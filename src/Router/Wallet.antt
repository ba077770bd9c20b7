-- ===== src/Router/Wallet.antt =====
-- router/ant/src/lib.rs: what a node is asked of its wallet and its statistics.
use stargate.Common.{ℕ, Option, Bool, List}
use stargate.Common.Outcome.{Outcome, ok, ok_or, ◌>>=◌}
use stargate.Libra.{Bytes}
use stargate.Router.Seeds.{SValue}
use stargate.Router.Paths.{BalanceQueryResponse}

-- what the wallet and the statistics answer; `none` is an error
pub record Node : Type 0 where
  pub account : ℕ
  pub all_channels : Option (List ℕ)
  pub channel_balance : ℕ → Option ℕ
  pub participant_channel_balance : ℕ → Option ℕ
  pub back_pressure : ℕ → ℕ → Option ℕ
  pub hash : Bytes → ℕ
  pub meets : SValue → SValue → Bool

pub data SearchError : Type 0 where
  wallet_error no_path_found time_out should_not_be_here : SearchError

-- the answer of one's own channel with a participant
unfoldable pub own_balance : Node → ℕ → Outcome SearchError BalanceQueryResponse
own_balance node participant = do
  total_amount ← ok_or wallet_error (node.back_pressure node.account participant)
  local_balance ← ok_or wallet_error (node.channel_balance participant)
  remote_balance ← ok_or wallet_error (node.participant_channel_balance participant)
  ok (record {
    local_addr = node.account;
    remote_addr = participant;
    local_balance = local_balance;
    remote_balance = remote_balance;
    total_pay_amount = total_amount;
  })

◆ ◆ ◆

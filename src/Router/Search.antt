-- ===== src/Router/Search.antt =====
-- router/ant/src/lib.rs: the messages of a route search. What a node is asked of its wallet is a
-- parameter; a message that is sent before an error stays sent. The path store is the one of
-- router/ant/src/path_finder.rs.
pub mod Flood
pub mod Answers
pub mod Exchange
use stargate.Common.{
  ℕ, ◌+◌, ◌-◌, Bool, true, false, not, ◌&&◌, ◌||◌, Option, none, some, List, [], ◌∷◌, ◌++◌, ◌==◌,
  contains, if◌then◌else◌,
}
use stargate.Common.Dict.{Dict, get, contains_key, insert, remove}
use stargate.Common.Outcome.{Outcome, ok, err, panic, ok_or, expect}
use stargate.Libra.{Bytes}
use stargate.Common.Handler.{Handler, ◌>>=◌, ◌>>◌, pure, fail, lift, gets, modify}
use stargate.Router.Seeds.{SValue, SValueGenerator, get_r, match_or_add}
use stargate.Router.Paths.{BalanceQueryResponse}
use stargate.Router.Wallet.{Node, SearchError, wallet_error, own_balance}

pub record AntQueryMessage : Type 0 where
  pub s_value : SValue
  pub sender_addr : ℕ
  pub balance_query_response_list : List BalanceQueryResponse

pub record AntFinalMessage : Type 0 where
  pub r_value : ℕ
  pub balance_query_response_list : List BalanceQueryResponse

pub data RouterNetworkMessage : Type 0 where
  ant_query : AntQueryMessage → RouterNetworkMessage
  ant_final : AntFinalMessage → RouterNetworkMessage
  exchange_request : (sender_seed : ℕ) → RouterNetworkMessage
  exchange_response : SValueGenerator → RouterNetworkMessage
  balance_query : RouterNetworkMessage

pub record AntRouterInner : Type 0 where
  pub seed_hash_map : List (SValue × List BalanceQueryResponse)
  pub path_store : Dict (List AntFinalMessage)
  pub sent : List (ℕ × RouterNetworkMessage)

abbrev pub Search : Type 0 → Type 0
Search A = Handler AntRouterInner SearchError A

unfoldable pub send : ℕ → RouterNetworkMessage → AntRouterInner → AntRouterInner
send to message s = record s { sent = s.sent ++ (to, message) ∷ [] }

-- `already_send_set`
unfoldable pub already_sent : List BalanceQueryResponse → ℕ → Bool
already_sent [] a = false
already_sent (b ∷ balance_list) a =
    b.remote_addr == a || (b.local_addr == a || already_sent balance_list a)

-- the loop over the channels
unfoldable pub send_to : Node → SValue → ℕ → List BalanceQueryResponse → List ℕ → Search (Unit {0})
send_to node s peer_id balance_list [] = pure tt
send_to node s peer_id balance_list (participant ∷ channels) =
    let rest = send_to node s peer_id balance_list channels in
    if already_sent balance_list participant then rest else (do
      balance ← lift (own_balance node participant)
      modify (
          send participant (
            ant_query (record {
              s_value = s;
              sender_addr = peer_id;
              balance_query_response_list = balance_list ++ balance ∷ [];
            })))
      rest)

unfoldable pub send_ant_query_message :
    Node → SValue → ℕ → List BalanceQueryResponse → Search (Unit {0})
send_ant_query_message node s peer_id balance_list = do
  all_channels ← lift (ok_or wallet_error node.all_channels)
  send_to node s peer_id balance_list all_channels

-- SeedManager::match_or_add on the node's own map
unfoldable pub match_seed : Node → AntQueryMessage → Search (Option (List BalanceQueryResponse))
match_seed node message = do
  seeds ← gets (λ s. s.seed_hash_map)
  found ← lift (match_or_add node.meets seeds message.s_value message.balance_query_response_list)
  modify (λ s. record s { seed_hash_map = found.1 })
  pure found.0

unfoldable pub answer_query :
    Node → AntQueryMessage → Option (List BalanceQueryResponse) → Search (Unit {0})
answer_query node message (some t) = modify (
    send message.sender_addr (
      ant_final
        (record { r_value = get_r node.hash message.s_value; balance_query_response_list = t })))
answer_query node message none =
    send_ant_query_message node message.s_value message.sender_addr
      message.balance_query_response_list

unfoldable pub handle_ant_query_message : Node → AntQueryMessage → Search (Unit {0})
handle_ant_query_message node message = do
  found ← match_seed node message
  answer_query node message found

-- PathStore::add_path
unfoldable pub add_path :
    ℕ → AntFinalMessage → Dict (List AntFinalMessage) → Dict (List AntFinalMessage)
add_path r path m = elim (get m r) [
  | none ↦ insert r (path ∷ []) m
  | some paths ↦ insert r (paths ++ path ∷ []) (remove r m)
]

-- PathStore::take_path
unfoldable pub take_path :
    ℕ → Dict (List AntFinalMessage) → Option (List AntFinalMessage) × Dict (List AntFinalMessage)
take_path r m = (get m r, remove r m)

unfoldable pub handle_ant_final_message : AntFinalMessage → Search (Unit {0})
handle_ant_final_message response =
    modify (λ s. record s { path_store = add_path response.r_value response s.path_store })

◆ ◆ ◆

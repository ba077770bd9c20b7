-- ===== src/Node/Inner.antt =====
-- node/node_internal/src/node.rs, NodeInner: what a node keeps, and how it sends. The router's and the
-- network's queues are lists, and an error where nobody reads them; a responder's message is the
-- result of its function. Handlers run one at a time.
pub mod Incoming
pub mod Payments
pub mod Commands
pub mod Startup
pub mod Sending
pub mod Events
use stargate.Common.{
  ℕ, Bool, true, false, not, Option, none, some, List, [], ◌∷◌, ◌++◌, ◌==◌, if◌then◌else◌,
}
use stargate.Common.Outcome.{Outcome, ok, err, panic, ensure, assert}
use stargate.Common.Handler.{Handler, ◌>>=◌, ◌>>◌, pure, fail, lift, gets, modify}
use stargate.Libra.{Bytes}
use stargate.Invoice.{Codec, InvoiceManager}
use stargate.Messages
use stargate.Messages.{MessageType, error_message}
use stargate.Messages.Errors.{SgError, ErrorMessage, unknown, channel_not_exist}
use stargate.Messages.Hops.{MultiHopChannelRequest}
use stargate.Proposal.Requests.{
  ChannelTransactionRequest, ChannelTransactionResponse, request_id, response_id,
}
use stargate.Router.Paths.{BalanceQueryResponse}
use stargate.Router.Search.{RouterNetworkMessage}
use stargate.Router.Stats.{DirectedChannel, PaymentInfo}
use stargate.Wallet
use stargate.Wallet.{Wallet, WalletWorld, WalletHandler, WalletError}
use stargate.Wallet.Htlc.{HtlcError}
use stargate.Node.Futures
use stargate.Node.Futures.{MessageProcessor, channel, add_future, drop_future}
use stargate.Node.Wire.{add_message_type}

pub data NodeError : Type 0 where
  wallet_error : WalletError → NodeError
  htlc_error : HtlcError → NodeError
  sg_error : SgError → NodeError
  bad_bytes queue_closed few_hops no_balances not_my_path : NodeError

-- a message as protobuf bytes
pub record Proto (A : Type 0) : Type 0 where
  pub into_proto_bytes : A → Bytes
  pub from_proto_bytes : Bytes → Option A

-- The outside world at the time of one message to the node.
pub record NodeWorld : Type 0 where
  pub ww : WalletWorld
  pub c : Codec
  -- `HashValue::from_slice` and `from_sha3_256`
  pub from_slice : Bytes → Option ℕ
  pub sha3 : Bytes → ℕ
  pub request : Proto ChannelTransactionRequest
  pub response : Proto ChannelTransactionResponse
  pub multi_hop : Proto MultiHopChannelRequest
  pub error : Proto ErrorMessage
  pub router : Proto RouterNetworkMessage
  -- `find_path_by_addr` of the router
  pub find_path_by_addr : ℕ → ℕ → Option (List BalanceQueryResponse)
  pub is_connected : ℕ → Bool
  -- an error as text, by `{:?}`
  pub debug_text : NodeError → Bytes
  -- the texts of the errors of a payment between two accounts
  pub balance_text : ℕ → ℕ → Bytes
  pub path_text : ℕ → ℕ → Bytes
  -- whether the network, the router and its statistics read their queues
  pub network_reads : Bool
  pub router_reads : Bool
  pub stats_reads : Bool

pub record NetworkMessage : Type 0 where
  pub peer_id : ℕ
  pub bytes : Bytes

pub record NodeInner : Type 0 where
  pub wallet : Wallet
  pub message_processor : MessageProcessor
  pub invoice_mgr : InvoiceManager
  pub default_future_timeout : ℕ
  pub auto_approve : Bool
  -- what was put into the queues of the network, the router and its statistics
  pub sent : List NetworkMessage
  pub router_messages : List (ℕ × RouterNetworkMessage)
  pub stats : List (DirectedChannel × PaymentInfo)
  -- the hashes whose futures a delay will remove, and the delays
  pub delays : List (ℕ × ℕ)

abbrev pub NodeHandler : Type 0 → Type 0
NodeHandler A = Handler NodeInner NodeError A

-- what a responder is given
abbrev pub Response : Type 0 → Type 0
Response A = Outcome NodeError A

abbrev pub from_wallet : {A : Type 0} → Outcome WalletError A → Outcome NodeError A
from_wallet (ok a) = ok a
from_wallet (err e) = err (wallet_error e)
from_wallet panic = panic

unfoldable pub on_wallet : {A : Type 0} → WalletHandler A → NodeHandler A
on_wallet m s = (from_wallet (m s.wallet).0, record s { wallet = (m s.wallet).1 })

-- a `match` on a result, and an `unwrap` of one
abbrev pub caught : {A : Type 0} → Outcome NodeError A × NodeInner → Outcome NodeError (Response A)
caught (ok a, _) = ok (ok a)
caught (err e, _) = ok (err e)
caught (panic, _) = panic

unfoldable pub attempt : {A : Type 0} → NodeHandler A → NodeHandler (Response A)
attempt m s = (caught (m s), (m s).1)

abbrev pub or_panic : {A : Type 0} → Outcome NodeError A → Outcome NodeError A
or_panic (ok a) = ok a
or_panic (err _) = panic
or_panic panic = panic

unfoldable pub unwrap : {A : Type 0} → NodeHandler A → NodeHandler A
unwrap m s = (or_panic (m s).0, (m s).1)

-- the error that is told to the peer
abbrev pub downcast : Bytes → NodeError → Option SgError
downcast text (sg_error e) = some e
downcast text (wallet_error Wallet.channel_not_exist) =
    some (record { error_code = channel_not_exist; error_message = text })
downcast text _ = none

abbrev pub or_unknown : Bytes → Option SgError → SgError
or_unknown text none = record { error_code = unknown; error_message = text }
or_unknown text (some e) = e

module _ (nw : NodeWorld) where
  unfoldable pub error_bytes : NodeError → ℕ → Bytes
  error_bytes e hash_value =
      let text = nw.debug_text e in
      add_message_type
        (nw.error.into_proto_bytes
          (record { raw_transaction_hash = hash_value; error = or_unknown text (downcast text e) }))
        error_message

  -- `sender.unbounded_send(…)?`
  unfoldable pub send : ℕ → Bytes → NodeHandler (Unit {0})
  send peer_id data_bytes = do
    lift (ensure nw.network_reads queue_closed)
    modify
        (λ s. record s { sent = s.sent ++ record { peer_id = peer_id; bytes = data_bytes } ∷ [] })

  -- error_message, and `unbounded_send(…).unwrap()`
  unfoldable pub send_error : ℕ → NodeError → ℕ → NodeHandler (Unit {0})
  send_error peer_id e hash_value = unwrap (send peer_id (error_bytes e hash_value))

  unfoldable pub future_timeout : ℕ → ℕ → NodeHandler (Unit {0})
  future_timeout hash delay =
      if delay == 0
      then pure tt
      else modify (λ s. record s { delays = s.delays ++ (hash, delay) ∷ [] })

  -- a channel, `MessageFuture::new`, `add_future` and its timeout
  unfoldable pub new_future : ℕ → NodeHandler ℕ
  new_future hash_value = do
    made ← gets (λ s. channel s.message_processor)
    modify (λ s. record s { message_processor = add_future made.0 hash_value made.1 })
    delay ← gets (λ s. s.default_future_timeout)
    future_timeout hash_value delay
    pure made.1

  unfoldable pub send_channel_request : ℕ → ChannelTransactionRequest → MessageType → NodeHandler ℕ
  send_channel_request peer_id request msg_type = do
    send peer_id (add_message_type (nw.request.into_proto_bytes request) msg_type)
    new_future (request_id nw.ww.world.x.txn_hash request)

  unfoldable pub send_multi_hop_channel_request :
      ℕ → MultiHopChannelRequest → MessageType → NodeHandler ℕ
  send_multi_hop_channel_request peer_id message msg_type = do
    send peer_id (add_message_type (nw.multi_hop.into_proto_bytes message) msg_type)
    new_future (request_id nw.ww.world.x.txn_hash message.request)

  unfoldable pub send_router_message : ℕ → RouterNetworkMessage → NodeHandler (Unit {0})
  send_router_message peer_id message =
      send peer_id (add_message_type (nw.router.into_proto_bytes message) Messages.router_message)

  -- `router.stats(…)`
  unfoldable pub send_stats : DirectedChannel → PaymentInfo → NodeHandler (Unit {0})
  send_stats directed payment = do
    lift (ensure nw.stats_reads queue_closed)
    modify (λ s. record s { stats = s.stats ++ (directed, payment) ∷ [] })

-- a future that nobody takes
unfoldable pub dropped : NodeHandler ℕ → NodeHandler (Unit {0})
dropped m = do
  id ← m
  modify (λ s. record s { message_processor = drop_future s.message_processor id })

◆ ◆ ◆

* WHAT THE TASK REQUIRES *
Above are the entries. Output exactly the lines beginning with the line that has "filename src/Router/Wallet.antt" and ending with the line that has "remote_addr = participant;".

* WRITTEN RESPONSE *
filename src/Router/Wallet.antt
repository ba077770bd9c20b7
-- ===== src/Router/Wallet.antt =====
-- router/ant/src/lib.rs: what a node is asked of its wallet and its statistics.
use stargate.Common.{ℕ, Option, Bool, List}
use stargate.Common.Outcome.{Outcome, ok, ok_or, ◌>>=◌}
use stargate.Libra.{Bytes}
use stargate.Router.Seeds.{SValue}
use stargate.Router.Paths.{BalanceQueryResponse}

-- what the wallet and the statistics answer; `none` is an error
pub record Node : Type 0 where
  pub account : ℕ
  pub all_channels : Option (List ℕ)
  pub channel_balance : ℕ → Option ℕ
  pub participant_channel_balance : ℕ → Option ℕ
  pub back_pressure : ℕ → ℕ → Option ℕ
  pub hash : Bytes → ℕ
  pub meets : SValue → SValue → Bool

pub data SearchError : Type 0 where
  wallet_error no_path_found time_out should_not_be_here : SearchError

-- the answer of one's own channel with a participant
unfoldable pub own_balance : Node → ℕ → Outcome SearchError BalanceQueryResponse
own_balance node participant = do
  total_amount ← ok_or wallet_error (node.back_pressure node.account participant)
  local_balance ← ok_or wallet_error (node.channel_balance participant)
  remote_balance ← ok_or wallet_error (node.participant_channel_balance participant)
  ok (record {
    local_addr = node.account;
    remote_addr = participant;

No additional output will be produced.